Travel Observations (An Ongoing Series)
When you travel enough - a status I remember with vague fondness, the childhood before entering the adulthood of Travelling Too Damn Much - it’s all a blur, and it’s the little differences that begin to stand out. The hazelnuts you get when you fly with Turkish Airlines. The deep-voiced prayer before take-off from Saudi. The generalised contempt from Air France cabin crew. These are colour notes, expressions of their national character. Where it gets interesting is beyond this space.
I have been awoken - several times - from a sound sleep by British Airways cabin crew because my bag was not shoved far enough under the seat in front of me for their exacting standards. Fine, it could be a hazard in an evacuation – except that I was sitting in a window seat, the only hazard was to me, and I still have no idea why BA, and only BA, are so excessively devoted to verifying the position of cabin baggage.

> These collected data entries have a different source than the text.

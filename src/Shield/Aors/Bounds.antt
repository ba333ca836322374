-- ===== src/Shield/Aors/Bounds.antt =====
-- The bound of the AoR table, and what its eviction spares (internal/shield/aorstrikes.go).
use freesbc.Base.{
  ℕ, zero, suc, ◌≤◌, ◌<◌, ◌≡◌, refl, sym, ◌∙◌, ◌≢◌, inl, inr, true, false, none, some, List, [],
  ◌∷◌, ◌++◌, arith, leb, leb→le, leb_false→lt, Bool-cases, Option-cases, false-true, length,
  length-keep-le,
}
use freesbc.Base.Assoc.{
  find, NoDup, find-remove, find-remove_ne, length-remove-le, length-remove_known, NoDup-remove,
  NoDup-keep, find-front_ne,
}
use freesbc.Base.Lru.{IsLru, IsLru-touch, find-touch_ne}
use mathlib.Core.List.{reverse, reverse-cons}
use mathlib.Core.Path.{subst}
use freesbc.Base.Member.{Has, Has-reverse, find_of_Has}
use freesbc.Shield.Offenders.{StrikeLimit}
use freesbc.Shield.Aors.{
  AorEntry, AorTable, Bytes-discrete, aor_key, holds_lock, scan_unlocked, evictable, make_room,
  reopened, count_strike, fresh, strike, is_locked, clear, prune, aor_evict_scan, first_key,
  new_aor_table, aor_cap,
}

-- The scan stops at an entry that holds no lock.
scan_unlocked-Has :
    (now rounds : ℕ) (l : List (List ℕ × AorEntry)) {k : List ℕ}
    → scan_unlocked now rounds l ≡ some k
    → (e : AorEntry) × Has k e l × (holds_lock now e ≡ false)
unfolding scan_unlocked
scan_unlocked-Has now zero l h = cc
scan_unlocked-Has now (suc rounds) [] h = cc
scan_unlocked-Has now (suc rounds) ((j, e) ∷ l) h = elim (Bool-cases (holds_lock now e)) [
  | inl lock ↦
      let (e', m, free) = scan_unlocked-Has now rounds l (rw lock at h) in (e', inr m, free)
  | inr free ↦ (e, inl (ground (arith, free), refl), free)
]

first_key-Has :
    (l : List (List ℕ × AorEntry)) {k : List ℕ} → first_key l ≡ some k → (e : AorEntry) × Has k e l
first_key-Has [] h = cc
first_key-Has ((j, e) ∷ l) h = (e, inl (cc, refl))

module _ (now : ℕ) (t : AorTable) (distinct : NoDup Bytes-discrete t.lru) where
  -- The victim is an entry of the table.
  evictable-Has :
      {k : List ℕ}
      → evictable now t.lru ≡ some k
      → (e : AorEntry) × (find Bytes-discrete k t.lru ≡ some e)
  unfolding evictable
  evictable-Has {k} h = elim (Option-cases (scan_unlocked now aor_evict_scan (reverse t.lru))) [
    | inl none_free ↦
        let (e, m) = first_key-Has (reverse t.lru) (rw (none_free, evictable) at h) in
        (e, find_of_Has Bytes-discrete k e t.lru distinct (Has-reverse k e t.lru m))
    | inr (j, free) ↦
        let same : j ≡ k = ground (arith, free) in
        let (e, m, unlocked) = scan_unlocked-Has now aor_evict_scan (reverse t.lru) free in
        (
          e,
          find_of_Has Bytes-discrete k e t.lru distinct
              (Has-reverse k e t.lru (subst (λ i. Has i e (reverse t.lru)) same m)),
        )
  ]

  -- A victim that the scan found holds no lock.
  scanned_free :
      {k : List ℕ} (e : AorEntry)
      → scan_unlocked now aor_evict_scan (reverse t.lru) ≡ some k
      → find Bytes-discrete k t.lru ≡ some e
      → holds_lock now e ≡ false
  scanned_free {k} e free known =
      let (e', m, unlocked) = scan_unlocked-Has now aor_evict_scan (reverse t.lru) free in
      let same = find_of_Has Bytes-discrete k e' t.lru distinct (Has-reverse k e' t.lru m) in
      let eq : e' ≡ e = cc (same, known) in subst (λ x. holds_lock now x ≡ false) eq unlocked

first_key-snoc :
    (l : List (List ℕ × AorEntry)) (x : List ℕ × AorEntry) → first_key (l ++ x ∷ []) ≢ none
first_key-snoc [] (k, e) h = cc
first_key-snoc ((k, e) ∷ l) x h = cc

-- A table with an entry has a victim.
evictable-ne-none :
    (now : ℕ) (x : List ℕ × AorEntry) (l : List (List ℕ × AorEntry)) → evictable now (x ∷ l) ≢ none
unfolding evictable
evictable-ne-none now x l h =
    elim (Option-cases (scan_unlocked now aor_evict_scan (reverse (x ∷ l)))) [
      | inl none_free ↦ first_key-snoc (reverse l) x (rw (none_free, evictable, reverse-cons) at h)
      | inr (j, free) ↦ ground (arith, free)
    ]

abbrev pub IsWithinCap : AorTable → Type 0
IsWithinCap t = (t.max ≡ aor_cap) × IsLru Bytes-discrete t.max t.lru

make_room-lt : (now : ℕ) (t : AorTable) → IsWithinCap t → length (make_room now t) < t.max
unfolding make_room
make_room-lt now t (cap, h) = elim (Bool-cases (leb t.max (length t.lru))) [
  | inr room ↦ rw room (leb_false→lt _ _ room)
  | inl full ↦ elim (Option-cases (evictable now t.lru)) [
    | inl no_victim ↦ absurd (nonempty t.lru no_victim (leb→le _ _ full))
    | inr (k, victim) ↦
        let (e, known) = evictable-Has now t h.distinct victim in
        rw (full, victim)
          (omega (arith, length-remove_known Bytes-discrete k t.lru e known, h.bounded))
  ]
]
  where
    nonempty : (l : List (List ℕ × AorEntry)) → evictable now l ≡ none → t.max ≤ length l → ⊥
    nonempty [] none_left full = omega arith
    nonempty (x ∷ l) none_left full = evictable-ne-none now x l none_left

make_room-NoDup :
    (now : ℕ) (t : AorTable) → NoDup Bytes-discrete t.lru → NoDup Bytes-discrete (make_room now t)
unfolding make_room
make_room-NoDup now t h = elim (Bool-cases (leb t.max (length t.lru))) [
  | inr room ↦ rw room h
  | inl full ↦ elim (Option-cases (evictable now t.lru)) [
    | inl no_victim ↦ rw (full, no_victim) h
    | inr (k, victim) ↦ rw (full, victim) (NoDup-remove Bytes-discrete k t.lru h)
  ]
]

make_room-none :
    (now : ℕ) (t : AorTable) (key : List ℕ)
    → find Bytes-discrete key t.lru ≡ none
    → find Bytes-discrete key (make_room now t) ≡ none
unfolding make_room
make_room-none now t key new = elim (Option-cases (evictable now t.lru)) [
  | inl no_victim ↦ ground (arith, no_victim)
  | inr (k, victim) ↦ ground (arith, victim, find-remove Bytes-discrete key k t.lru)
]

strike-IsWithinCap :
    (aor : List ℕ) (lim : StrikeLimit) (ban now : ℕ) (t : AorTable)
    → IsWithinCap t
    → IsWithinCap (strike aor lim ban now t).0
unfolding strike
strike-IsWithinCap aor lim ban now t (cap, h) =
    elim (Option-cases (find Bytes-discrete (aor_key aor) t.lru)) [
      | inl new ↦
          rw (new, strike)
            (
              cap,
              record {
                bounded = omega (arith, make_room-lt now t (cap, h));
                distinct =
                    (make_room-none now t (aor_key aor) new, make_room-NoDup now t h.distinct);
              },
            )
      | inr (e, known) ↦
          rw (known, strike) (cap, IsLru-touch Bytes-discrete t.max (aor_key aor) _ e t.lru known h)
    ]

clear-IsWithinCap : (aor : List ℕ) (t : AorTable) → IsWithinCap t → IsWithinCap (clear aor t)
unfolding clear
clear-IsWithinCap aor t (cap, h) = (
  cap,
  record {
    bounded = omega (arith, length-remove-le Bytes-discrete (aor_key aor) t.lru, h.bounded);
    distinct = NoDup-remove Bytes-discrete (aor_key aor) t.lru h.distinct;
  },
)

prune-IsWithinCap : (now : ℕ) (t : AorTable) → IsWithinCap t → IsWithinCap (prune now t)
unfolding prune
prune-IsWithinCap now t (cap, h) = (
  cap,
  record {
    bounded = omega (arith, length-keep-le {0} _ t.lru, h.bounded);
    distinct = NoDup-keep Bytes-discrete _ t.lru h.distinct;
  },
)

pub data Reach : AorTable → Type 0 where
  start : Reach new_aor_table
  strikes :
      {t : AorTable} (aor : List ℕ) (lim : StrikeLimit) (ban now : ℕ)
      → Reach t
      → Reach (strike aor lim ban now t).0
  clears : {t : AorTable} (aor : List ℕ) → Reach t → Reach (clear aor t)
  prunes : {t : AorTable} (now : ℕ) → Reach t → Reach (prune now t)

-- The table is bounded: after any strikes, clears and prunes of a new table it holds at most 16,384
-- AoRs, and an AoR once at most. The scan of a full table always finds a victim that is in it.
pub Reach-IsWithinCap : {t : AorTable} → Reach t → IsWithinCap t
Reach-IsWithinCap start = (refl, record { bounded = omega arith; distinct = tt })
Reach-IsWithinCap (strikes {t} aor lim ban now r) =
    strike-IsWithinCap aor lim ban now t (Reach-IsWithinCap r)
Reach-IsWithinCap (clears {t} aor r) = clear-IsWithinCap aor t (Reach-IsWithinCap r)
Reach-IsWithinCap (prunes {t} now r) = prune-IsWithinCap now t (Reach-IsWithinCap r)

make_room-spares :
    (now : ℕ) (t : AorTable) (key k : List ℕ) (e : AorEntry)
    → NoDup Bytes-discrete t.lru
    → scan_unlocked now aor_evict_scan (reverse t.lru) ≡ some k
    → find Bytes-discrete key t.lru ≡ some e
    → holds_lock now e ≡ true
    → find Bytes-discrete key (make_room now t) ≡ some e
unfolding make_room evictable
make_room-spares now t key k e distinct free known lock =
    let unlocked : key ≡ k → ⊥ = λ same. false-true (
      sym (
        scanned_free now t distinct e free
          (subst (λ i. find Bytes-discrete i t.lru ≡ some e) same known))
      ∙ lock) in
    ground (arith, free, known, find-remove_ne Bytes-discrete key k t.lru unlocked)

-- A flood of other AoRs spares a lock while one of the 64 least recently struck AoRs is unlocked: a
-- strike of another AoR leaves a locked one locked, in a table that holds no AoR twice.
pub strike-spares :
    (j aor : List ℕ) (lim : StrikeLimit) (ban now : ℕ) (t : AorTable) {k : List ℕ}
    → NoDup Bytes-discrete t.lru
    → aor_key j ≢ aor_key aor
    → scan_unlocked now aor_evict_scan (reverse t.lru) ≡ some k
    → is_locked j now t ≡ true
    → is_locked j now (strike aor lim ban now t).0 ≡ true
unfolding strike is_locked
strike-spares j aor lim ban now t {k} distinct other free lock =
    elim (Option-cases (find Bytes-discrete (aor_key j) t.lru)) [
      | inl absent ↦ ground (arith, absent)
      | inr (e, known) ↦ elim (Option-cases (find Bytes-discrete (aor_key aor) t.lru)) [
        | inl new ↦ ground (
          arith,
          new,
          known,
          make_room-spares now t (aor_key j) k e distinct free known (ground arith),
          find-front_ne Bytes-discrete (aor_key j) (aor_key aor)
              (count_strike lim ban now (fresh now)).0 (make_room now t) other,
        )
        | inr (e', old) ↦ ground (
          arith,
          old,
          known,
          find-touch_ne Bytes-discrete (aor_key j) (aor_key aor)
              (count_strike lim ban now (reopened now lim.window e')).0 t.lru other,
        )
      ]
    ]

They are also distressingly nervous about the whole refuelling procedure. If you’ve ever boarded a BA flight during refuelling, you will know about it, because about once a minute there is a blaring warning to KEEP YOUR SEAT BELTS UNFASTENED while the aircraft is being refuelled. Most other airlines recognise the complete futility of worrying about seat belts during fuelling, as any mishap involving avgas will see the aircraft engulfed in a fireball long before it could be evacuated, seat belts or no seat belts.
Lest this start to turn into an anti-BA rant, what is up with non-English-speaking airlines hiring people with atrocious - nigh on incomprehensible - accents to record in-flight announcements? In every instance the announcer is one of the worst English speakers of that nation that I have encountered, equalled only by the country’s railway announcer. Look, it’s a one-shot recording; hire someone people will actually understand. I remember getting more information from the Greek-language announcement than from the English one on the late unlamented Olympic Airways.
On the topic of announcements, all airlines’ cabin crew just love the sound of their voice. Look, it’s very nice of you to welcome us and so on, but many of us have heard the same message roughly once a week (if not more) for many years. By the eighteenth announcement that interrupts our in-flight entertainment, always at EAR-SPLITTINGLY LOUD VOLUME, we are about ready to storm the galley and risk explosive decompression to throw you out of the plane at ten thousand feet. The worst is the multi-lingual crew, who feel the need show off every. single. last. language they speak, including ones utterly irrelevant to the route being flown. If you must make these announcements, at least give us the chance to skip them, once we’ve heard one language we understand?
I know, I know, first-world problems, but here we are.